Арен при любой возможности помогал ухаживать за ранеными — отчасти из искреннего сострадания, отчасти из желания поддерживать связь с другом. В минуты затишья им удавалось поговорить. С виду Кейд снова сделался прежним — всегда готовый пошутить и посмеяться над собой, дружелюбный и беспечный. Но Арен понимал, что под этой личиной кроется неуверенность и все надежды Кейд возлагает на друга. Арен чувствовал груз ответственности, но ему придавала храбрости мысль, что Кейд снова ему доверяет.

Он ощупью направился к выходу из барака. Окна были закрыты ставнями, и другие узники казались синими тенями, неотличимыми друг от друга в темноте. Некоторые поднимали голову, когда он проходил мимо, но никто не заговорил с Ареном и не попытался его остановить. Уже не в первый раз он выбирался наружу после отбоя по своим тайным делам.

Бараки не запирались. Капитан Хассан ввел простое правило: всякий, кого после отбоя поймают на улице без пропуска, утром отправится на съедение костоголовым псам. Для большинства это был веский довод, чтобы не показываться наружу.
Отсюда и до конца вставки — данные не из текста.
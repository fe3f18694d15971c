-- ===== src/Base/Results.antt =====
-- Python's `raise ValueError(message)`: a result or the message's name.
use mathlib.Core.Path.{◌≡◌, refl}
use mathlib.Core.Bool.{Bool, true, false}

-- One constructor for each message that the modelled code raises.
pub data Error : Type 0 where
  invalid_identifier invalid_clock credentials_persisted : Error
  immutable_field invalid_transition completed_immutable remote_identity_immutable : Error
  invalid_attempt_count polling_without_remote completion_without_result : Error
  stale_lease unknown_job active_lease invalid_job_limit invalid_job_lease : Error
  invalid_lease_renewal job_replay_conflict invalid_job_state job_too_large : Error
  source_version_conflict artifact_version_conflict : Error
  stale_observation invalid_observation_time naive_observation_time : Error
  snapshot_too_large : Error
  invalid_budget daily_cap_exceeded invalid_cost budget_exceeded overrun_unreconciled : Error
  reservation_missing measured_cost_conflict measured_cost_overrun : Error
  invalid_batch_size : Error
  spool_conflict invalid_mail_identity invalid_mail_batch nested_batch request_id_taken
        costs_row_missing :
      Error
  invalid_measured_cost request_too_large invalid_selection_output : Error
  invalid_selected_ids malformed_claim lacks_source_coverage invalid_pinned_claim : Error
  invalid_packed_job packed_job_disagrees unsupported_packed_job not_a_job : Error
  invalid_recovery_limit unhashable_key not_an_object missing_key store_busy : Error
  execution_limits model_not_pinned unrecognized_remote_state : Error
  remote_rejected not_a_number : Error

pub data Result {ℓ} (Value : Type ℓ) : Type ℓ where
  err : Error → Result Value
  ok : Value → Result Value

-- `if not test: raise ValueError(e)`
abbrev pub require : Bool → Error → Result (Unit {0})
require false problem = err problem
require true problem = ok tt

infixl 5 ◌>>=◌ ◌>>◌
abbrev pub ◌>>◌ {κ} : {Later : Type κ} → Result (Unit {0}) → Result Later → Result Later
err problem >> later = err problem
ok _ >> later = later

abbrev pub ◌>>=◌ {ℓ κ} :
    {Value : Type ℓ} {Later : Type κ} → Result Value → (Value → Result Later) → Result Later
err problem >>= later = err problem
ok value >>= later = later value

-- A chain that returns: its first call returned a value, and the rest returned from there.
pub >>=-eq-ok {ℓ κ} :
    {Value : Type ℓ} {Later : Type κ} (first : Result Value) (rest : Value → Result Later)
    {answer : Later}
    → (first >>= rest) ≡ ok answer
    → (value : Value) × (first ≡ ok value) × (rest value ≡ ok answer)
>>=-eq-ok (err problem) rest returned = cc
>>=-eq-ok (ok value) rest returned = (value, refl, returned)

pub >>-eq-ok {ℓ} :
    {B : Type ℓ} (m : Result (Unit {0})) (k : Result B) {b : B}
    → (m >> k) ≡ ok b
    → (m ≡ ok tt) × (k ≡ ok b)
>>-eq-ok (ok tt) k h = (refl, h)
>>-eq-ok (err e) k h = cc

pub require-eq-ok : (b : Bool) (e : Error) → require b e ≡ ok tt → b ≡ true
require-eq-ok true e h = refl
require-eq-ok false e h = cc

pub ok-injective {ℓ} : {A : Type ℓ} {a b : A} → ok a ≡ ok b → a ≡ b
ok-injective h = cc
Арен слышал, что некоторые узники подделывают пропуска, но ему такое не по силам. Остается соблюдать осторожность.

Туман был не таким густым, но темнота стояла полная. Осторожно и торопливо, прижимаясь к стенам бараков, Арен скользил сквозь жутковатую мглу в направлении кладбища. Пришел черед разобраться с призраком.

«Не с призраком, — мысленно поправил себя Арен. — Мертвые мертвы и обратно не возвращаются. Это просто мальчик».

Мальчик, который два года, а то и больше в одиночку выживает за оградой, среди могил. Проще поверить, что Оборвыш — потусторонняя тень, но Арен не верил подобному вздору. И все-таки боялся.

Среди клубящегося тумана трудно было полагаться на собственные глаза, и Арену всюду мерещилось какое-то движение. Он постарался дышать ровно и прислушался. Стояла тишина, лишь кровь стучала у него в ушах.

Безмолвие нарушил скрип кожи.

Арен заглянул за угол. Звук повторился, уже ближе. Его источник явно двигался в сторону Арена. Внезапно сквозь мглу что-то сверкнуло, и тени зашевелились. Из-за угла вышел стражник с фонарем; Арен в страхе прижался к стене и затих. Стражник прошел в нескольких футах от него, и Арен, к собственному удивлению, остался незамеченным.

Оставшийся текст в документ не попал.